Le collectif « Oui à l’innovation ! » a organisé un échange le 4 juillet 2023 autour de la prospective « Agriculture européenne sans pesticides chimiques en 2050 » de l’Inrae, rendue publique le 21 mars. Cette étude a été reçue « de façon un peu douloureuse » par le monde agricole, estime François Arnoux, céréalier et producteur de semences en Vendée. Il juge l’exercice trop théorique et déconnecté des réalités actuelles. « Il faut se fixer des objectifs, mais il faut garder les pieds sur terre », clame-t-il, insistant sur le manque de solutions alternatives, et sur le risque d’augmentation de la dépendance aux importations.

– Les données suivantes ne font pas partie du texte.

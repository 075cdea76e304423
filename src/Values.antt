-- ===== src/Values.antt =====
-- The Python values that object metadata and parsed JSON may hold. Of a number or a list the code
-- reads the truth value only; of a member of a JSON object whether it is a text, and which.
pub mod Pairs
use amazon_s3_encryption_cli.Prelude.{
  ℕ, ◌≡◌, refl, Bool, true, false, not, ◌&&◌, String, Dict, lookup, List, [], ◌∷◌, is_empty, Option,
  none, some, str_eq, eq_iff, arith, if◌then◌else◌,
}

-- `other` keeps the JSON text of a member that is no string.
pub data Member : Type 0 where
  text : String → Member
  other : String → Member

pub data Value : Type 0 where
  null : Value
  text : String → Value
  object : Dict Member → Value
  number : Bool → Value
  array : Bool → Value

-- `bool(v)`
unfoldable pub truthy : Value → Bool
truthy null = false
truthy (text s) = not (str_eq s "")
truthy (object d) = not (is_empty d)
truthy (number b) = b
truthy (array b) = b

-- `v == s` for a string `s`
unfoldable pub equals_text : Value → String → Bool
equals_text (text t) s = str_eq t s
equals_text _ s = false

-- A dictionary of strings as a value.
unfoldable pub members : Dict String → Dict Member
members [] = []
members ((k, s) ∷ d) = (k, Member.text s) ∷ members d

-- `m == s` for a member `m`, which may be missing, and a string `s`
unfoldable pub member_is : Option Member → String → Bool
member_is (some (Member.text t)) s = str_eq t s
member_is _ s = false

unfoldable pub includes_all : Dict Member → Dict String → Bool
includes_all stored [] = true
includes_all stored ((k, s) ∷ d) = member_is (lookup k stored) s && includes_all stored d

abbrev pub requested : Member → Option String → Bool
requested m none = false
requested m (some s) = member_is (some m) s

unfoldable pub included_in : Dict Member → Dict String → Bool
included_in [] request = true
included_in ((k, m) ∷ d) request = requested m (lookup k request) && included_in d request

-- `stored == request`: two dicts are equal if they have the same pairs, in any order.
unfoldable pub same_pairs : Dict Member → Dict String → Bool
unfolding includes_all included_in
same_pairs stored request = includes_all stored request && included_in stored request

Des politiques ambitieuses nécessaires

« L’idée de la prospective n’est pas de dire “cela va marcher demain”, mais bien “cela pourrait marcher après-demain” », défend Guy Richard, directeur de l’expertise et de la prospective de l’Inrae. Il explique que l’exercice consiste à capter « les signaux faibles » qui pourraient se développer « moyennant un effort important », et « n’a pas pour vocation de répondre aux difficultés actuelles. »

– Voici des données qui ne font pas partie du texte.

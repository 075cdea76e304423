-- ===== src/External.antt =====
-- The libraries and services that the client calls: `cryptography`, `base64`, `json`, KMS and S3.
-- Each is a record of operations; what a theorem assumes of them stands in the records `...Laws`.
use amazon_s3_encryption_cli.Prelude.{
  ℕ, ◌<◌, ◌≤◌, length, ◌≡◌, String, Bytes, Option, [], ◌++◌, Dict,
}
use amazon_s3_encryption_cli.Errors.{Result, ok, ◌>>=◌}
use amazon_s3_encryption_cli.Values.{Value, Member, members}

pub record Base64 : Type 0 where
  pub b64encode : Bytes → String
  pub b64decode : String → Result Bytes

pub record Base64Laws (b : Base64) : Type 0 where
  pub decode-encode : (x : Bytes) → b.b64decode (b.b64encode x) ≡ ok x

pub record Json : Type 0 where
  pub dumps : Value → String
  pub loads : String → Result Value

-- The two calls of the KMS client: `generate_data_key` returns CiphertextBlob and Plaintext.
pub record Kms : Type 0 where
  pub generate_data_key : String → String → Dict String → Result (Bytes × Bytes)
  pub decrypt : String → Bytes → Dict Member → Result Bytes

-- A blob decrypts to its data key under the key and the encryption context that it was made with.
pub record KmsLaws (kms : Kms) : Type 0 where
  pub decrypt-generate :
      (key spec : String) (context : Dict String) {blob plaintext : Bytes}
      → kms.generate_data_key key spec context ≡ ok (blob, plaintext)
      → kms.decrypt key blob (members context) ≡ ok plaintext

-- A decryptor of `Cipher(AES(key), GCM(iv))`.
pub record GcmDecryption : Type 1 where
  pub Context : Type 0
  pub decryptor : Bytes → Bytes → Result Context
  pub authenticate_additional_data : Context → Bytes → Result Context
  pub update : Context → Bytes → Result (Bytes × Context)
  pub finalize_with_tag : Context → Bytes → Result Bytes

-- Feeding a text in two pieces is feeding it at once, and no bytes yield no bytes.
pub record GcmDecryptionLaws (g : GcmDecryption) : Type 0 where
  pub update-nil : (c : g.Context) → g.update c [] ≡ ok ([], c)
  pub update-append :
      (c : g.Context) (a b : Bytes)
      → g.update c (a ++ b) ≡ (g.update c a >>= λ r. g.update r.1 b >>= λ s. ok (r.0 ++ s.0, s.1))

-- AES-GCM turns each byte into one byte, and verifying the tag yields none.
pub record GcmSizeLaws (g : GcmDecryption) : Type 0 where
  pub length-update :
      (c c' : g.Context) (a out : Bytes) → g.update c a ≡ ok (out, c') → length out ≡ length a
  pub length-finalize :
      (c : g.Context) (tag out : Bytes) → g.finalize_with_tag c tag ≡ ok out → out ≡ []

-- An encryptor of `Cipher(AES(key), GCM(iv))`; `tag` may be read after `finalize`.
pub record GcmEncryption : Type 1 where
  pub Context : Type 0
  pub encryptor : Bytes → Bytes → Result Context
  pub authenticate_additional_data : Context → Bytes → Result Context
  pub update : Context → Bytes → Result (Bytes × Context)
  pub finalize : Context → Result Context
  pub tag : Context → Bytes

pub record GcmEncryptionLaws (g : GcmEncryption) : Type 0 where
  pub update-append :
      (c : g.Context) (a b : Bytes)
      → g.update c (a ++ b) ≡ (g.update c a >>= λ r. g.update r.1 b >>= λ s. ok (r.0 ++ s.0, s.1))

-- A decryptor of `Cipher(AES(key), CBC(iv))` and a `PKCS7` unpadder.
pub record CbcDecryption : Type 1 where
  pub Context : Type 0
  pub Unpadder : Type 0
  pub decryptor : Bytes → Bytes → Result Context
  pub update : Context → Bytes → Result (Bytes × Context)
  pub finalize : Context → Result Bytes
  pub unpadder : ℕ → Unpadder
  pub unpad_update : Unpadder → Bytes → Result (Bytes × Unpadder)
  pub unpad_finalize : Unpadder → Result Bytes

-- `AESGCM(key).encrypt(nonce, data, aad)`, `hmac.new(salt, ikm, name).digest()` and
-- `HKDFExpand(SHA512(), length, info).derive(prk)`.
pub record Primitives : Type 0 where
  pub aesgcm_encrypt : Bytes → Bytes → Bytes → Option Bytes → Result Bytes
  pub hmac_digest : Bytes → Bytes → String → Result Bytes
  pub hkdf_expand : ℕ → Bytes → Bytes → Result Bytes

-- What `json.loads` makes of bytes: an object, or a value of another type.
pub data Document : Type 0 where
  json_object : Dict Value → Document
  other_value : Document

-- `os.urandom` and `str.encode("utf-8")`
pub record Runtime : Type 0 where
  pub urandom : ℕ → Bytes
  pub utf8 : String → Bytes
  pub loads_document : Bytes → Result Document

-- `StreamingBody.read()` and `StreamingBody.read(n)`
pub record ByteSource : Type 1 where
  pub Body : Type 0
  pub read_all : Body → Result Bytes
  pub read : Body → ℕ → Result Bytes × Body

-- A read returns the next bytes of the body, and none only if none was asked for or none is left.
pub record ByteSourceLaws (src : ByteSource) : Type 0 where
  pub left : src.Body → Bytes
  pub read-left :
      (body : src.Body) (n : ℕ) (raw : Bytes) (body' : src.Body)
      → src.read body n ≡ (ok raw, body')
      → left body ≡ raw ++ left body'
  pub read-nil :
      (body : src.Body) (n : ℕ) (body' : src.Body)
      → 0 < n
      → src.read body n ≡ (ok [], body')
      → left body ≡ []

-- A read returns no more bytes than were asked for.
pub record ByteSourceSizeLaws (src : ByteSource) : Type 0 where
  pub length-read :
      (body body' : src.Body) (n : ℕ) (raw : Bytes)
      → src.read body n ≡ (ok raw, body')
      → length raw ≤ n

Pour Robert-Pierre Cecchetti, arboriculteur dans l’Hérault et président de la commission technique de l’Association nationale pommes poires, « les conditions de réussite de la prospective ne sont pas suffisamment bien explicitées ». « Les changements de pratique ne pourront pas être mis en œuvre sans qu’y soient associées des politiques ambitieuses sur les questions agricoles, alimentaires et sur les échanges internationaux », appuie lui-même Guy Richard.

Message retenu par le grand public

Mais pour Robert-Pierre Cecchetti, le message n’est pas bien passé auprès du grand public et d’une partie du monde politique. Selon lui, ces derniers ont conclu que la réduction, voire la suppression des phytos était possible, et que les efforts du monde agricole ne sont pas suffisants. Il désapprouve la question même de la prospective, jugeant le « zéro phyto » dogmatique.

De manière générale, Guy Richard estime qu’il faut « sortir de l’usage systématique préventif » des phytos. Une position qui passe mal auprès de François Arnoux : « L’idée que les agriculteurs traitent systématiquement, c’est faux et archifaux ! Je ne peux pas laisser dire cela », lâche-t-il. Utilisation d’outils d’aide à la décision (OAD), observations dans les champs, évolution du matériel… Il assure que les pratiques ont déjà beaucoup évolué.